Overall Hawkins’ recovery efficiency from the gas-drive mechanism is about 87% in the gas-swept areas or > 20% better than estimated for the waterdrive process. Overall reservoir performance resulting from immiscible gas injection is considered excellent.

Prudhoe Bay Field (North Slope, Alaska).[13][27][38][54][58] The Prudhoe Bay field, the largest oil and gas field in North America, was discovered in 1968. The main Permo-Triassic reservoir is a thick deltaic high-quality sandstone deposit about 500 ft thick with porosities of 15 to 30% BV and permeabilities ranging from 50 to 3,000 md. The field contains > 20 × 109 bbl of oil overlain by a 35-Tcf gas cap. The reservoir, a monocline structure dipping 1 to 2° to the south and southwest, is bounded on the north by major faults and on the east by a major lower Cretaceous truncation. The oil averages 27.6°API gravity and has an original solution GOR of about 735 scf/STB. Under much of the oil column area, there is a 20- to 60-ft-thick tar mat located above the OWC.

Because of its remote location, first production did not begin until 1977 after an oil pipeline across Alaska to the southern port of Valdez was built and extensive oilfield facilities were installed. The initial facilities had a gas-handling capacity of about 2 Bcf/D to separate and compress the produced gas for reinjection into the updip gas cap. For the regulated oil production rate of 1.2 × 106 BOPD, this was sufficient for more than the first decade of field operations. As of 2004, no gas pipeline has been built from the North Slope of Alaska.

Immiscible gas/oil displacement has been the production mechanism at work over much of the Prudhoe Bay oil column (Fig. 12.10), and waterflooding and miscible WAG processes have been used in the very downdip portions of the oil column. More recently, horizontal wells are being used nearer the GOC to exploit the thin oil columns that cannot be drained with existing wells. During the first decade of operations, the original gas cap had expanded to drape over much of the oil column area, but the producing GOR was kept low by perforating the production wells as far as possible, both vertically and laterally, from the gas cap. By the mid-1980s the engineers determined that maintaining the oil production rate depended on expanding the field’s gas-handling capacity. Two major projects were undertaken. First, a central gas facility was constructed to strip the produced gas of many of the hydrocarbon components for sale as blendable NGLs and for use as miscible injectant. This project also increased the field gas handling capacity to 3.3 Bcf/D. The second project was a sequence of gashandling facility expansions that increased overall capacity to > 7.5 Bcf/D.

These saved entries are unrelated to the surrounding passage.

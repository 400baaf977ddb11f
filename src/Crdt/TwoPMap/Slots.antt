-- ===== src/Crdt/TwoPMap/Slots.antt =====
-- A two-phase map as one slot for each key.
use ossa.Prelude.{
  ◌≡◌, true, none, some, Run, done, panic, ◌>>=◌, Ord, beq, if◌then◌else◌, arith, Bool-cases,
  Option-cases, Run-cases, inl, inr,
}
use ossa.Crdt.Time.{CausalState, Crdt}
use ossa.Crdt.Im.{OrdMap, OrdSet}
use ossa.Crdt.TwoPMap.Op.{TwoPMapOp, key}
use ossa.Crdt.TwoPMap.{TwoPMap, apply}

pub data Slot {κ} (V : Type κ) : Type κ where
  absent : Slot V
  live : V → Slot V
  deleted : Slot V

module _ {ℓ κ μ} {K : Type ℓ} {V : Type κ} {Op : Type μ} (value : Crdt V Op K) where
  -- one key's life: inserted once, updated while it is live, deleted for good
  unfoldable pub move : CausalState K → Slot V → TwoPMapOp K V Op → Run (Slot V)
  move st deleted op = done deleted
  move st absent (TwoPMapOp.insert k v) = done (live v)
  move st absent (TwoPMapOp.apply k op) = panic
  move st absent (TwoPMapOp.delete k) = done deleted
  move st (live v) (TwoPMapOp.insert k w) = panic
  move st (live v) (TwoPMapOp.apply k op) = value.apply st v op >>= λ w. done (live w)
  move st (live v) (TwoPMapOp.delete k) = done deleted

module _ {ℓ κ} {K : Type ℓ} {V : Type κ} ⦃o : Ord K⦄ (maps : OrdMap K V) (sets : OrdSet K) where
  unfoldable pub slot : TwoPMap maps sets → K → Slot V
  slot m k =
      if sets.contains k m.tombstones
      then deleted
      else elim (maps.get k m.map) [ none ↦ absent | some v ↦ live v ]

  module _ {μ} {Op : Type μ} where
    -- The outcome of an operation, given what becomes of the slot of its key.
    abbrev pub Moves :
        TwoPMap maps sets → TwoPMapOp K V Op → Run (Slot V) → Run (TwoPMap maps sets) → Type (ℓ ⊔ κ)
    Moves m op panic r = r ≡ panic
    Moves m op (done s) r =
        (m' : TwoPMap maps sets) × (r ≡ done m')
        × ((j : K) → slot m' j ≡ (if beq j (key op) then s else slot m j))

    module _ (value : Crdt V Op K) (st : CausalState K) (m : TwoPMap maps sets) where
      Moves-panic :
          (op : TwoPMapOp K V Op)
          → move value st (slot m (key op)) op ≡ panic
          → apply maps sets value st m op ≡ panic
          → Moves m op (move value st (slot m (key op)) op) (apply maps sets value st m op)
      Moves-panic op e f = rw e f

      Moves-done :
          (op : TwoPMapOp K V Op) (s : Slot V) (m' : TwoPMap maps sets)
          → move value st (slot m (key op)) op ≡ done s
          → apply maps sets value st m op ≡ done m'
          → ((j : K) → slot m' j ≡ (if beq j (key op) then s else slot m j))
          → Moves m op (move value st (slot m (key op)) op) (apply maps sets value st m op)
      Moves-done op s m' e f h = rw e (m', f, h)

      Moves-deleted :
          (op : TwoPMapOp K V Op)
          → sets.contains (key op) m.tombstones ≡ true
          → Moves m op (move value st (slot m (key op)) op) (apply maps sets value st m op)
      unfolding apply slot move
      Moves-deleted op dead =
          Moves-done op deleted m (ground arith) (ground arith)
            (λ j. ground (arith, o.eq_of_cmp j (key op)))

      -- `apply` panics exactly where the slot of the key has no such move; otherwise it returns a
      -- map in which that slot has moved and every other is as it was.
      pub apply-Moves :
          (op : TwoPMapOp K V Op)
          → Moves m op (move value st (slot m (key op)) op) (apply maps sets value st m op)
      unfolding apply slot move
      apply-Moves (TwoPMapOp.insert k v) = elim (Bool-cases (sets.contains k m.tombstones)) [
        | inl dead ↦ Moves-deleted (TwoPMapOp.insert k v) dead
        | inr alive ↦ elim (Option-cases (maps.get k m.map)) [
          | inl e ↦
              Moves-done (TwoPMapOp.insert k v) (live v)
                (record m { map = maps.update_with k v (λ old new. new) m.map }) (ground arith)
                (ground arith)
                (λ j.
                  ground
                    (arith, o.eq_of_cmp j k, maps.get-update_with k j v (λ old new. new) m.map))
          | inr (w, e) ↦ Moves-panic (TwoPMapOp.insert k v) (ground arith) (ground arith)
        ]
      ]
      apply-Moves (TwoPMapOp.apply k op) = elim (Bool-cases (sets.contains k m.tombstones)) [
        | inl dead ↦ Moves-deleted (TwoPMapOp.apply k op) dead
        | inr alive ↦ elim (Option-cases (maps.get k m.map)) [
          | inl e ↦ Moves-panic (TwoPMapOp.apply k op) (ground arith) (ground arith)
          | inr (v, e) ↦ elim (Run-cases (value.apply st v op)) [
            | inl (w, f) ↦
                Moves-done (TwoPMapOp.apply k op) (live w)
                  (record m { map = maps.alter (λ _. some w) k m.map }) (ground arith)
                  (ground arith)
                  (λ j. ground (arith, o.eq_of_cmp j k, maps.get-alter (λ _. some w) k j m.map))
            | inr f ↦ Moves-panic (TwoPMapOp.apply k op) (ground arith) (ground arith)
          ]
        ]
      ]
      apply-Moves (TwoPMapOp.delete k) = elim (Bool-cases (sets.contains k m.tombstones)) [
        | inl dead ↦ Moves-deleted (TwoPMapOp.delete k) dead
        | inr alive ↦
            Moves-done (TwoPMapOp.delete k) deleted
              (record { map = maps.without k m.map; tombstones = sets.update k m.tombstones })
              (ground arith) (ground arith)
              (λ j. ground (
                arith,
                o.eq_of_cmp j k,
                maps.get-without k j m.map,
                sets.contains-update k j m.tombstones,
              ))
      ]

The reinjection of residue gas served two purposes. First, it maintained reservoir pressure, which helped increase oil recovery; the reservoir pressure declined only by ≈1,000 psi (from 4,300 to 3,300 psi) during the production of the first 10 × 109 bbl of oil. Second, the very lean residue gas has vaporized large amounts of hydrocarbon components from the relict oil saturation in the original gas cap[44] and from the remaining oil behind the gas/oil front. Simulations showed that the vaporization mechanism would contribute recovery of an additional 4 to 6 STB/MMcf of additional gas produced.[13] During the past 15 years, the average API gravity of the marketed Prudhoe Bay hydrocarbon liquids has increased by > 5°API.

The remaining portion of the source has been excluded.